Rollman BL et al. 2001 "The electronic medical record."

Reference
Rollman BL, Hanusa BH, Gilbert T, et al. The electronic medical record: a randomized trial of its impact on primary care physicians' initial management of major depression. Arch Intern Med 2001;161(2):189-197.
Abstract
"Background: Inadequate treatments are reported for depressed patients cared for by primary care physicians (PCPs). Providing feedback and evidence-based treatment recommendations for depression to PCPs via electronic medical record improves the quality of interventions.
Methods: Patients presenting to an urban academically affiliated primary care practice were screened for major depression with the Primary Care Evaluation of Mental Disorders (PRIME-MD).

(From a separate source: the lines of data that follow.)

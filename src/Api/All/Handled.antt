-- ===== src/Api/All/Handled.antt =====
-- What `sbma_mevictall` of src/api/mevict.c and `vmm_sigipc` of src/vmm/init.c give back to the node.
use sbma.Common.{unchecked}
use sbma.Common.{
  Every, ℕ, ◌+◌, ◌≤◌, ◌<◌, ◌≡◌, refl, inl, inr, Bool, true, false, arith, ◌⊎◌, Ensures, returns,
  bind, insist-Ensures, insist, always, ◌>>=◌, Bool-cases, done,
}
use sbma.Mmu.Valid.{FitsWrite}
use sbma.Os.{Os, IsPosix, HasFullWrites, IsReliable}
use sbma.Ipc.{ipc_is_eligible, ipc_atomic_dec}
use sbma.Ipc.Accounts.{IsBalanced, IsBalanced-discharged, ipc_atomic_dec-eq, ipc_mevict-IsBalanced}
use sbma.Api.{vmm_to_sys}
use sbma.Api.All.{AllEntries, on_node, sbma_mevictall_int, sbma_mevictall, honor_sigipc}
use sbma.Api.All.Passed.{total}
use sbma.Api.All.Evicted.{IsEvictable, IsOut, sbma_mevictall_int-Reported}

module _ {W : Type 0} (os : Os W) (ps sys_page : ℕ) where
  -- The entries' charged pages, in system pages.
  abbrev pub entries_c : AllEntries W → ℕ
  entries_c s = vmm_to_sys ps sys_page (total (λ x. x.c_pages) s.entries)

  abbrev pub entries_d : AllEntries W → ℕ
  entries_d s = vmm_to_sys ps sys_page (total (λ x. x.d_pages) s.entries)

  -- Every entry is out, and the node has got back the pages that they had in `s`.
  pub record GaveBack (max_mem : ℕ) (s t : AllEntries W) : Type 0 where
    pub out : Every IsOut t.entries
    pub charged : t.ipc.c_mem s.ipc.id + entries_c s ≡ s.ipc.c_mem s.ipc.id
    pub dirtied : t.ipc.d_mem s.ipc.id + entries_d s ≡ s.ipc.d_mem s.ipc.id
    pub freed : t.ipc.s_mem ≡ s.ipc.s_mem + entries_c s
    pub balanced : IsBalanced max_mem t.ipc

  -- With the option VMM_CHECK off, in a system where no write(2) of at most 0x7ffff000 bytes is short,
  -- `sbma_mevictall`, when each entry is valid, fits into one such write, and charges no page unless one
  -- is resident and the node knows of their pages, never aborts or waits forever, and returns -1 only in
  -- a system where a call can return -1. Otherwise no entry has a resident, charged or dirty page, the
  -- node gets back exactly the pages that the entries had charged and dirty, and what is free and held
  -- there still adds up. It returns the charged ones, in system pages.
  pub sbma_mevictall-GaveBack :
      (posix : IsPosix os) (full : HasFullWrites os) (mlock : Bool) (max_mem : ℕ) (s : AllEntries W)
      → 0 < ps
      → Every (λ ka. IsEvictable ka × FitsWrite ps ka.1) s.entries
      → IsBalanced max_mem s.ipc
      → s.ipc.inter_mtx ≡ false
      → entries_c s ≤ s.ipc.c_mem s.ipc.id
      → entries_d s ≤ s.ipc.d_mem s.ipc.id
      → Ensures
          (λ r t. (r ≡ entries_c s) × GaveBack max_mem s t)
          (λ _. ¬ IsReliable os)
          (sbma_mevictall os ps sys_page unchecked mlock s)
  unfolding sbma_mevictall
  sbma_mevictall-GaveBack posix full mlock max_mem s pos every balanced free hc hd =
      bind (sbma_mevictall_int-Reported os ps sys_page posix full mlock s pos every)
        λ sums t (c, d, out, same).
          let (u, run, balanced', freed, own, dirty, _, _) =
            ipc_mevict-IsBalanced max_mem t.ipc (rw same balanced) sums.c_pages sums.d_pages
              (rw (same, c) hc) (rw (same, d) hd) (rw same free) in
          rw run (
            returns (
              c,
              record {
                out = out;
                charged = ground (arith, own, same, c);
                dirtied = ground (arith, dirty, same, d);
                freed = ground (arith, freed, same, c);
                balanced = balanced';
              },
            ))

  -- When no system call fails, no write(2) of at most 0x7ffff000 bytes is short and each entry fits into
  -- one such write, the handler of SIGIPC in a process whose entries are valid, charge no page unless
  -- one is resident, and are known to the node, always returns. A process that is not eligible is left
  -- as it was; in another no entry has a resident, charged or dirty page, the node gets back exactly the
  -- pages that the entries had charged and dirty, and what is free and held there still adds up.
  pub honor_sigipc-GaveBack :
      (posix : IsPosix os) (full : HasFullWrites os) (mlock : Bool) (max_mem : ℕ) (s : AllEntries W)
      → IsReliable os
      → 0 < ps
      → Every (λ ka. IsEvictable ka × FitsWrite ps ka.1) s.entries
      → IsBalanced max_mem s.ipc
      → entries_c s ≤ s.ipc.c_mem s.ipc.id
      → entries_d s ≤ s.ipc.d_mem s.ipc.id
      → (t : AllEntries W) × (honor_sigipc os ps sys_page mlock s ≡ done tt t)
        × (((ipc_is_eligible s.ipc s.ipc.id ≡ false) × (t ≡ s))
            ⊎ ((ipc_is_eligible s.ipc s.ipc.id ≡ true) × GaveBack max_mem s t))
  unfolding honor_sigipc
  honor_sigipc-GaveBack posix full mlock max_mem s reliable pos every balanced hc hd =
      elim (Bool-cases (ipc_is_eligible s.ipc s.ipc.id)) [
        | inl e ↦
            let (_, t, run, gave) = always honored (λ h. h reliable) in
            rw e (t, run, inr (refl, gave))
        | inr e ↦ rw e (s, refl, inl (refl, refl))
      ]
    where
      honored :
          Ensures
            (λ _ t. GaveBack max_mem s t)
            (λ _. ¬ IsReliable os)
            ((do
              sums ← (λ t. insist (sbma_mevictall_int os ps sys_page mlock t))
              on_node (ipc_atomic_dec sums.c_pages sums.d_pages))
              s)
      honored =
          bind
            (insist-Ensures
              (sbma_mevictall_int-Reported os ps sys_page posix full mlock s pos every)
              (λ h. h reliable))
            λ sums t (c, d, out, same).
              rw
                (ipc_atomic_dec-eq max_mem t.ipc (rw same balanced) sums.c_pages sums.d_pages
                  (rw (same, c) hc) (rw (same, d) hd))
                (returns (record {
                  out = out;
                  charged = ground (arith, same, c, hc);
                  dirtied = ground (arith, same, d, hd);
                  freed = ground (arith, same, c);
                  balanced =
                      IsBalanced-discharged max_mem t.ipc (rw same balanced) sums.c_pages
                        sums.d_pages (rw (same, c) hc);
                }))
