-- ===== src/Api/All/Examples.antt =====
-- Two allocations of four pages each, on a system with pages of two bytes.
use sbma.Common.{unchecked}
use sbma.Common.{
  Every, every_nil, every_cons, ◌≡◌, refl, true, false, arith, [], ◌∷◌, ◌⊎◌, done, aborted, Ensures,
}
use sbma.Os.{IsReliable}
use sbma.Os.Ideal.{World, ideal, ideal-IsPosix, ideal-HasFullWrites, ideal-IsReliable}
use sbma.Vmm.Examples.{start, start-IsValid}
use sbma.Mmu.Valid.{FitsWrite}
use sbma.Ipc.{ipc_is_eligible}
use sbma.Ipc.Accounts.{sum, IsBalanced}
use sbma.Api.{vmm_to_sys}
use sbma.Api.Examples.{alone, process, alone-IsBalanced, process-IsCovered}
use sbma.Api.All.{AllEntries, sbma_mevictall, honor_sigipc, sbma_mclearall}
use sbma.Api.All.Passed.{total}
use sbma.Api.All.Evicted.{IsEvictable}
use sbma.Api.All.Handled.{GaveBack, sbma_mevictall-GaveBack, honor_sigipc-GaveBack}
use sbma.Api.All.Cleared.{sbma_mclearall_aborts}

abbrev two : AllEntries World
two = record {
  entries = (1, start.ate) ∷ ((2, record start.ate { base = 8192 }) ∷ []);
  world = start.world;
  ipc = record alone { s_mem = 80; c_mem = λ i. 20; d_mem = λ i. 8 };
}

two-IsEvictable : Every (λ ka. IsEvictable ka × FitsWrite 4 ka.1) two.entries
two-IsEvictable =
    every_cons
      (
        record {
          nonempty = omega arith;
          valid = start-IsValid;
          lazy = λ e. absurd (omega (arith, e));
        },
        omega arith,
      )
      (every_cons
        (
          record {
            nonempty = omega arith;
            valid = record {
              loaded = start-IsValid.loaded;
              charged = start-IsValid.charged;
              dirtied = start-IsValid.dirtied;
              pages = start-IsValid.pages;
            };
            lazy = λ e. absurd (omega (arith, e));
          },
          omega arith,
        )
        every_nil)

two-IsBalanced : IsBalanced 100 two.ipc
unfolding sum
two-IsBalanced = record { member = omega arith; total = refl; fits = omega arith }

sbma_mevictall-GaveBack_example :
    Ensures
      (λ r t.
        (r ≡ vmm_to_sys 4 2 (total (λ x. x.c_pages) two.entries)) × GaveBack ideal 4 2 100 two t)
      (λ _. ¬ IsReliable ideal)
      (sbma_mevictall ideal 4 2 unchecked true two)
unfolding total
sbma_mevictall-GaveBack_example =
    sbma_mevictall-GaveBack ideal 4 2 ideal-IsPosix ideal-HasFullWrites true 100 two (omega arith)
      two-IsEvictable two-IsBalanced refl (omega arith) (omega arith)

honor_sigipc-GaveBack_example :
    (t : AllEntries World) × (honor_sigipc ideal 4 2 true two ≡ done tt t)
    × (((ipc_is_eligible two.ipc 0 ≡ false) × (t ≡ two))
        ⊎ ((ipc_is_eligible two.ipc 0 ≡ true) × GaveBack ideal 4 2 100 two t))
unfolding total
honor_sigipc-GaveBack_example =
    honor_sigipc-GaveBack ideal 4 2 ideal-IsPosix ideal-HasFullWrites true 100 two ideal-IsReliable
      (omega arith) two-IsEvictable two-IsBalanced (omega arith) (omega arith)

sbma_mclearall_aborts_example :
    sbma_mclearall ideal 4 2 unchecked unchecked
      (record { entries = (1, start.ate) ∷ []; world = start.world; ipc = alone })
    ≡ aborted
sbma_mclearall_aborts_example =
    sbma_mclearall_aborts ideal 4 2 1 100 ideal-IsPosix process ideal-IsReliable (omega arith)
      (omega arith) start-IsValid alone-IsBalanced refl process-IsCovered (omega arith) refl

During 20-month period, 212 patients met protocol-eligibility criteria and completed a baseline interview. They were cared for by
16 board-certified internists, who were electronically informed of their patients' diagnoses, and randomized to 1 of 3 methods of exposure to guideline-based advice for treating depression (active, passive, and usual care). Ensuing treatment patterns were assessed by medical chart review and by patient self-report at baseline and 3 months.
Results: Median time for PCP response to the electronic message regarding the patient's depression diagnosis was 1 day (range, 1-95 days). Three days after notification, 120 (65%) of 186 PCP responses indicated agreement with the diagnosis, 24 (13%) indicated disagreement, and 42 (23%) indicated uncertainty. Primary care physicians who agreed with the diagnoses sooner were more likely to make a medical chart notation of depression, begin antidepressant medication therapy, or refer to a mental health specialist (P,.001). There were no differences in the agreement rate or treatments provided across guideline exposure conditions.
Conclusions: Electronic feedback of the diagnosis of major depression can affect PCP initial management of the disorder. Further study is necessary to determine whether this strategy, combined with delivery of treatment recommendations, can improve clinical outcomes in routine practice."
Objective

To describe the effect of electronic medical record (EMR)-based decision support on depression care.

Tools Used
Type Clinic
Primary care
Type Specific
Internal medicine
Size
Small and/or medium
Geography
Urban
Type of Health IT
Computerized clinical reminders (CRs) and alerts
Electronic medical records (EMR)
Type of Health IT Functions
When screening indicated that the patient had major depression and fit other study criteria, the provider was notified with an interactive email alert generated through the EMR and an electronic letter. If the primary care provider agreed with the diagnosis, the patient was assigned to one of three conditions: usual care, passive care, or active care. In usual care, providers received no advice or reminders. In passive care, providers were reminded of the diagnosis and encouraged to treat the depression without information about how. The provider could click to access an intranet site with detailed advice on treating depression. In active care, providers "were exposed to 1 or more patient-specific advisory messages [that] were based on the AHRQ practice guideline and were modified for electronic dissemination via the EMR system. Most messages concluded with a suggestion that the clinician [click to] obtain further treatment advice from our Intranet site. Active care PCPs were also exposed to prompts offering to schedule a follow-up appointment with their study patients."
Context or other IT in place
An ambulatory electronic medical record system (EMR) system was installed 9 months prior to the study. Computer terminals were available in exam rooms, common clinic work areas, and physician offices.
Workflow-Related Findings
Patients whose physicians were assigned to the active or passive care groups were more likely than those who received usual care to agree with the diagnosis of depression at three days, one month, and 5 months after the alert. "Primary care physicians who agreed with the depression diagnosis by day 3 after notification more quickly initiated antidepressant pharmacotherapy than [providers] who agreed with the diagnosis only at a later time."
"Active care" PCPs more frequently responded to the electronic flags than did PCPs in the other groups.
"Although agreement with the diagnosis of depression typically precedes treatment of the disorder, we found that [providers] sometimes prescribed an antidepressant drug for their patients even when disagreeing with the depression diagnosis ... More troubling is that [providers] often did not provide an antidepressant treatment, including a timely follow-up appointment, even when they agreed with the diagnosis."
The time before active care physicians responded to the alert indicating that their patient had screened positive for major depression "was 1.6 times faster than that for passive care [providers]. Time [before the] response for usual care physicians was intermediate and did not differ significantly from the other 2 groups."
Study Design
Only postintervention with intervention and control groups
Study Participants
The study participants included 17 physicians. A total of 9,513 patients aged 18 to 64 years old were approached after screening surveys. Two hundred twenty-seven patients were protocol eligible and met the Diagnostic and Statistical Manual of Mental Disorders, 4th edition (DSM-IV) criteria for depression. Of these 227 patients, 78 were assigned to active care, 78 to passive care, and 71 to usual care.